The HBM has been utilized in several studies to explain or predict behaviors by focusing on attitudes and beliefs. Not many studies have used the HBM as a conceptual framework to evaluate South Carolinian men’s perceptions of, beliefs about, and attitudes toward participation in prostate-cancer screening.
This chapter provided a comprehensive review of the literature that supports this study. The incidence and mortality rates of male prostate cancer are higher among African Americans than among any other race in the United States. Additionally, prostate cancer is typically detected at more advanced stages in African American men. The findings suggest that social, environmental, and cultural factors, such as access to care, inadequate community exposure, fear, lack of knowledge, monetary resources, and customary beliefs and traditions related to seeking health care, may also affect the willingness and ability of African American men to participate in health-promoting behaviors.

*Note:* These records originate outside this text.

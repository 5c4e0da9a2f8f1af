-- ===== src/Stats/Report.antt =====
-- python/sim/stats.py: `print_stats`, as the lines that it prints. The widths and the rules between
-- the lines are left out.
use Prim.Native.String.{String, compare as text_compare}
use text.Mathlib.Text.{is_le}
use tt_lang.Prelude.{ℕ, ◌+◌, ◌≡◌, refl, [], ◌∷◌, Option, none, some, ◌&&◌, if◌then◌else◌, arith}
use tt_lang.Stats.{Stats, Table, Counters, DfbCounters, no_counters, no_dfb_counters}
use tt_lang.Stats.Counts.{is_empty, sum_of}

-- A part of the report: the entries in the order of their names, and the line TOTAL.
pub record Part (V : Type 0) : Type 0 where
  pub rows : Table V
  pub total : V

pub data Printed : Type 0 where
  no_statistics : Printed
  parts : Option (Part Counters) → Option (Part Counters) → Option (Part DfbCounters) → Printed

-- `sorted(stats.items())`: no two entries have the same name.
module _ {V : Type 0} where
  abbrev pub insert_item : String × V → Table V → Table V
  insert_item x [] = x ∷ []
  insert_item x (y ∷ t) = if is_le (text_compare x.0 y.0) then x ∷ y ∷ t else y ∷ insert_item x t

  unfoldable pub sorted_items : Table V → Table V
  sorted_items [] = []
  sorted_items (x ∷ t) = insert_item x (sorted_items t)

abbrev pub plus : Counters → Counters → Counters
plus a b = record {
  reads = a.reads + b.reads;
  writes = a.writes + b.writes;
  tiles_read = a.tiles_read + b.tiles_read;
  tiles_written = a.tiles_written + b.tiles_written;
}

abbrev pub dfb_plus : DfbCounters → DfbCounters → DfbCounters
dfb_plus a b = record {
  reserves = a.reserves + b.reserves;
  waits = a.waits + b.waits;
  tiles_reserved = a.tiles_reserved + b.tiles_reserved;
  tiles_waited = a.tiles_waited + b.tiles_waited;
}

-- The loops that add up the totals.
abbrev pub add_totals : Counters → Table Counters → Counters
add_totals acc [] = acc
add_totals acc ((name, c) ∷ t) = add_totals (plus acc c) t

abbrev pub add_dfb_totals : DfbCounters → Table DfbCounters → DfbCounters
add_dfb_totals acc [] = acc
add_dfb_totals acc ((name, c) ∷ t) = add_dfb_totals (dfb_plus acc c) t

abbrev pub part : Table Counters → Option (Part Counters)
part t =
    if is_empty t
    then none
    else some record { rows = sorted_items t; total = add_totals no_counters (sorted_items t) }

abbrev pub dfb_part : Table DfbCounters → Option (Part DfbCounters)
dfb_part t =
    if is_empty t
    then none
    else some
        record { rows = sorted_items t; total = add_dfb_totals no_dfb_counters (sorted_items t) }

unfoldable pub print_stats : Stats → Printed
print_stats s =
    if is_empty s.stats_by_name && is_empty s.pipe_stats_by_name && is_empty s.dfb_stats_by_name
    then no_statistics
    else parts (part s.stats_by_name) (part s.pipe_stats_by_name) (dfb_part s.dfb_stats_by_name)

-- Sorting keeps every sum.
module _ {V : Type 0} (counter : V → ℕ) where
  sum_of-insert_item :
      (x : String × V) (t : Table V)
      → sum_of counter (insert_item x t) ≡ counter x.1 + sum_of counter t
  sum_of-insert_item x [] = refl
  sum_of-insert_item x (y ∷ t) = ground (arith, sum_of-insert_item x t)

  pub sum_of-sorted_items : (t : Table V) → sum_of counter (sorted_items t) ≡ sum_of counter t
  unfolding sorted_items
  sum_of-sorted_items [] = refl
  sum_of-sorted_items (x ∷ t) =
      omega (arith, sum_of-insert_item x (sorted_items t), sum_of-sorted_items t)

-- The totals are the sums of the columns.
pub add_totals-sums :
    (acc : Counters) (t : Table Counters)
    → add_totals acc t ≡ record {
      reads = acc.reads + sum_of (λ (c : Counters). c.reads) t;
      writes = acc.writes + sum_of (λ (c : Counters). c.writes) t;
      tiles_read = acc.tiles_read + sum_of (λ (c : Counters). c.tiles_read) t;
      tiles_written = acc.tiles_written + sum_of (λ (c : Counters). c.tiles_written) t;
    }
add_totals-sums acc [] = ground arith
add_totals-sums acc ((name, c) ∷ t) = ground (arith, add_totals-sums (plus acc c) t)

pub add_dfb_totals-sums :
    (acc : DfbCounters) (t : Table DfbCounters)
    → add_dfb_totals acc t ≡ record {
      reserves = acc.reserves + sum_of (λ (c : DfbCounters). c.reserves) t;
      waits = acc.waits + sum_of (λ (c : DfbCounters). c.waits) t;
      tiles_reserved = acc.tiles_reserved + sum_of (λ (c : DfbCounters). c.tiles_reserved) t;
      tiles_waited = acc.tiles_waited + sum_of (λ (c : DfbCounters). c.tiles_waited) t;
    }
add_dfb_totals-sums acc [] = ground arith
add_dfb_totals-sums acc ((name, c) ∷ t) = ground (arith, add_dfb_totals-sums (dfb_plus acc c) t)
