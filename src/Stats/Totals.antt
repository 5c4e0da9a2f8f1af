-- ===== src/Stats/Totals.antt =====
-- python/sim/stats.py: the totals of the report after any history of calls.
use Prim.Native.String.{String}
use tt_lang.Prelude.{
  ℤ, ◌+◌, ◌≡◌, refl, ◌∙◌, List, [], ◌∷◌, Option, none, some, Bool, false, ◌&&◌, if◌then◌else◌, ◌==◌,
  arith, Bool-cases, inl, inr,
}
use tt_lang.Stats.{Stats, Table, Counters, DfbCounters, no_counters, no_dfb_counters}
use tt_lang.Stats.Counts.{is_empty}
use tt_lang.Stats.History.{
  Record, tensor_read, tensor_write, pipe_read, pipe_write, dfb_reserve, dfb_wait, Event, calls_of,
  tiles_of, is_tensor_read, is_tensor_write, is_pipe_read, is_pipe_write, is_dfb_reserve,
  is_dfb_wait, logged, start, run,
}
use tt_lang.Stats.Report.{
  Part, Printed, parts, no_statistics, print_stats, sorted_items, sum_of-sorted_items,
  add_totals-sums, add_dfb_totals-sums, part, dfb_part,
}
use tt_lang.Stats.Sums.{Sums, counters_view, dfb_view}
use tt_lang.Stats.Agree.{Agree, Agree-run, Agree-nil}

-- What the report says at its lines TOTAL.
pub data Totals : Type 0 where
  nothing : Totals
  lines : Option Counters → Option Counters → Option DfbCounters → Totals

abbrev pub total_of : {V : Type 0} → Option (Part V) → Option V
total_of none = none
total_of (some r) = some r.total

unfoldable pub total_lines : Printed → Totals
total_lines no_statistics = nothing
total_lines (parts a b c) = lines (total_of a) (total_of b) (total_of c)

-- What is expected there: the calls of a log and their tiles, counted afresh. A part is left out
-- when no call is of its kind.
abbrev pub expected_part : (Record → Bool) → (Record → Bool) → List Record → Option Counters
expected_part p q log =
    if calls_of p log + calls_of q log == 0
    then none
    else some record {
      reads = calls_of p log;
      writes = calls_of q log;
      tiles_read = tiles_of p log;
      tiles_written = tiles_of q log;
    }

abbrev pub expected_dfb : List Record → Option DfbCounters
expected_dfb log =
    if calls_of is_dfb_reserve log + calls_of is_dfb_wait log == 0
    then none
    else some record {
      reserves = calls_of is_dfb_reserve log;
      waits = calls_of is_dfb_wait log;
      tiles_reserved = tiles_of is_dfb_reserve log;
      tiles_waited = tiles_of is_dfb_wait log;
    }

unfoldable pub expected : List Record → Totals
expected [] = nothing
expected (r ∷ rs) =
    lines (expected_part is_tensor_read is_tensor_write (r ∷ rs))
      (expected_part is_pipe_read is_pipe_write (r ∷ rs)) (expected_dfb (r ∷ rs))

module _ (log : List Record) where
  total_of-part :
      (p q : Record → Bool) (t : Table Counters)
      → Sums counters_view p q t log
      → total_of (part t) ≡ expected_part p q log
  total_of-part p q t h = elim (Bool-cases (calls_of p log + calls_of q log == 0)) [
    | inl e ↦ rw (h.empty ∙ e, e) refl
    | inr e ↦
        rw (h.empty ∙ e, e, add_totals-sums no_counters (sorted_items t))
          (ground (
            arith,
            sum_of-sorted_items counters_view.ins t,
            sum_of-sorted_items counters_view.outs t,
            sum_of-sorted_items counters_view.tiles_in t,
            sum_of-sorted_items counters_view.tiles_out t,
            h.ins,
            h.outs,
            h.tiles_in,
            h.tiles_out,
          ))
  ]

  total_of-dfb_part :
      (t : Table DfbCounters)
      → Sums dfb_view is_dfb_reserve is_dfb_wait t log
      → total_of (dfb_part t) ≡ expected_dfb log
  total_of-dfb_part t h =
      elim (Bool-cases (calls_of is_dfb_reserve log + calls_of is_dfb_wait log == 0)) [
        | inl e ↦ rw (h.empty ∙ e, e) refl
        | inr e ↦
            rw (h.empty ∙ e, e, add_dfb_totals-sums no_dfb_counters (sorted_items t))
              (ground (
                arith,
                sum_of-sorted_items dfb_view.ins t,
                sum_of-sorted_items dfb_view.outs t,
                sum_of-sorted_items dfb_view.tiles_in t,
                sum_of-sorted_items dfb_view.tiles_out t,
                h.ins,
                h.outs,
                h.tiles_in,
                h.tiles_out,
              ))
      ]

-- A log that is not empty has a record of one of the six kinds.
some_kind :
    (r : Record) (rs : List Record) (s : Stats)
    → Agree s (r ∷ rs)
    → is_empty s.stats_by_name && is_empty s.pipe_stats_by_name && is_empty s.dfb_stats_by_name
      ≡ false
some_kind (tensor_read t) rs s h = rw h.tensors.empty (ground arith)
some_kind (tensor_write t) rs s h = rw h.tensors.empty (ground arith)
some_kind (pipe_read p ts) rs s h = rw h.pipes.empty (ground arith)
some_kind (pipe_write p ts) rs s h = rw h.pipes.empty (ground arith)
some_kind (dfb_reserve d n) rs s h = rw h.dfbs.empty (ground arith)
some_kind (dfb_wait d n) rs s h = rw h.dfbs.empty (ground arith)

total_lines-print_stats :
    (s : Stats) (log : List Record) → Agree s log → total_lines (print_stats s) ≡ expected log
unfolding total_lines print_stats expected
total_lines-print_stats s [] h = rw (h.tensors.empty, h.pipes.empty, h.dfbs.empty) refl
total_lines-print_stats s (r ∷ rs) h =
    rw
      (
        some_kind r rs s h,
        total_of-part (r ∷ rs) _ _ _ h.tensors,
        total_of-part (r ∷ rs) _ _ _ h.pipes,
        total_of-dfb_part (r ∷ rs) _ h.dfbs,
      )
      refl

-- After any history of calls, from fresh statistics, `print_stats` prints that there are none exactly
-- when no call was recorded. Otherwise a part is printed for each of tensors, pipes and dataflow
-- buffers that had a call, and its line TOTAL has the number of calls of each kind and the number of
-- tiles that they moved. The calls are those since the last reset that came while the statistics
-- were enabled.
pub print_stats-expected :
    (str : ℤ → String) (es : List Event)
    → total_lines (print_stats (run str es start)) ≡ expected (logged false [] es)
print_stats-expected str es =
    total_lines-print_stats (run str es start) (logged false [] es)
      (Agree-run str [] false es start refl (Agree-nil start))
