-- ===== src/Stats/Tests.antt =====
-- Runs of python/sim/stats.py.
use Prim.Native.String.{String}
use tt_lang.Prelude.{ℤ, pos, negsuc, zero, suc, ◌≡◌, refl, List, [], ◌∷◌, none, some, false}
use tt_lang.CoreContext.{CoreCoord}
use tt_lang.Pipe.{Pipe, Item, Dst}
use tt_lang.Stats.{
  TensorInfo, DfbInfo, get_pipe_name, get_dfb_name, calculate_tensor_tiles, calculate_block_tiles,
  entry, no_counters,
}
use tt_lang.Stats.History.{
  Event, enable, disable, reset, op, tensor_read, tensor_write, pipe_write, dfb_wait, run, start,
  logged,
}
use tt_lang.Stats.Report.{print_stats}
use tt_lang.Stats.Totals.{total_lines, lines, expected, print_stats-expected}
use tt_lang.Stats.Names.{
  run-entries, expected_counters, reads_tensor, writes_tensor, reads_pipe, writes_pipe,
}

abbrev digit : ℤ → String
digit (pos n) = elim n [ zero ↦ "0" | suc m ↦ elim m [ zero ↦ "1" | suc _ ↦ "2" ] ]
digit (negsuc n) = "-"

abbrev weights : TensorInfo
weights = record { name = some "w"; ident = 1; shape = 64 ∷ 33 ∷ [] }

abbrev row_pipe : Pipe
row_pipe = record {
  src_core = CoreCoord.index 0;
  dst_core_range = Dst.items (Item.fixed (pos 1) ∷ Item.slice (some (pos 1)) none none ∷ []);
}

abbrev unnamed : DfbInfo
unnamed = record { stats_name = none; dfb_id = none }

abbrev history : List Event
history =
    op (tensor_read weights)
    ∷ enable
    ∷ op (tensor_write weights)
    ∷ reset
    ∷ op (tensor_read weights)
    ∷ op (pipe_write row_pipe (weights ∷ weights ∷ []))
    ∷ op (dfb_wait unnamed 3)
    ∷ disable
    ∷ op (tensor_read weights)
    ∷ []

row_pipe-name : get_pipe_name digit row_pipe ≡ "pipe_0_to_(1,1:?)"
unfolding get_pipe_name
row_pipe-name = refl

unnamed-name : get_dfb_name digit unnamed 0 ≡ ("dfb_unnamed_1", 1)
unfolding get_dfb_name
unnamed-name = refl

history-totals :
    expected (logged false [] history)
    ≡ lines
        (some record { reads = 1; writes = 0; tiles_read = 4; tiles_written = 0 })
        (some record { reads = 0; writes = 1; tiles_read = 0; tiles_written = 8 })
        (some record { reserves = 0; waits = 1; tiles_reserved = 0; tiles_waited = 3 })
unfolding expected calculate_tensor_tiles calculate_block_tiles
history-totals = refl

print_stats-expected_example :
    total_lines (print_stats (run digit history start)) ≡ expected (logged false [] history)
print_stats-expected_example = print_stats-expected digit history

run-entries_example :
    (entry no_counters "w" (run digit history start).stats_by_name
      ≡ expected_counters
          (reads_tensor digit "w")
          (writes_tensor digit "w")
          (logged false [] history))
    × (entry no_counters "w" (run digit history start).pipe_stats_by_name
        ≡ expected_counters
            (reads_pipe digit "w")
            (writes_pipe digit "w")
            (logged false [] history))
run-entries_example = run-entries digit "w" history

Strategies are needed to increase participation in the health-promoting and cancer-screening activities. This is especially critical for the African American men in regard to prostate screening. The goal is to reduce morbidity and mortality associated with prostate cancer in this population. Cognitive and perceptual factors such as knowledge of the disease, diagnosis, treatment modalities, and perceived barriers can be influential in screening for prostate cancer. Enhancing providers’ understanding of these factors may facilitate the development of educational programs that focus on early detection. The literature review is consistent with the HBM in that the greater the perception of perceived barriers, the less likely one is to have a prostate-screening exam. Therefore, this study used the HBM to evaluate the prostate-screening practices of African American male beneficiaries in upstate South Carolina.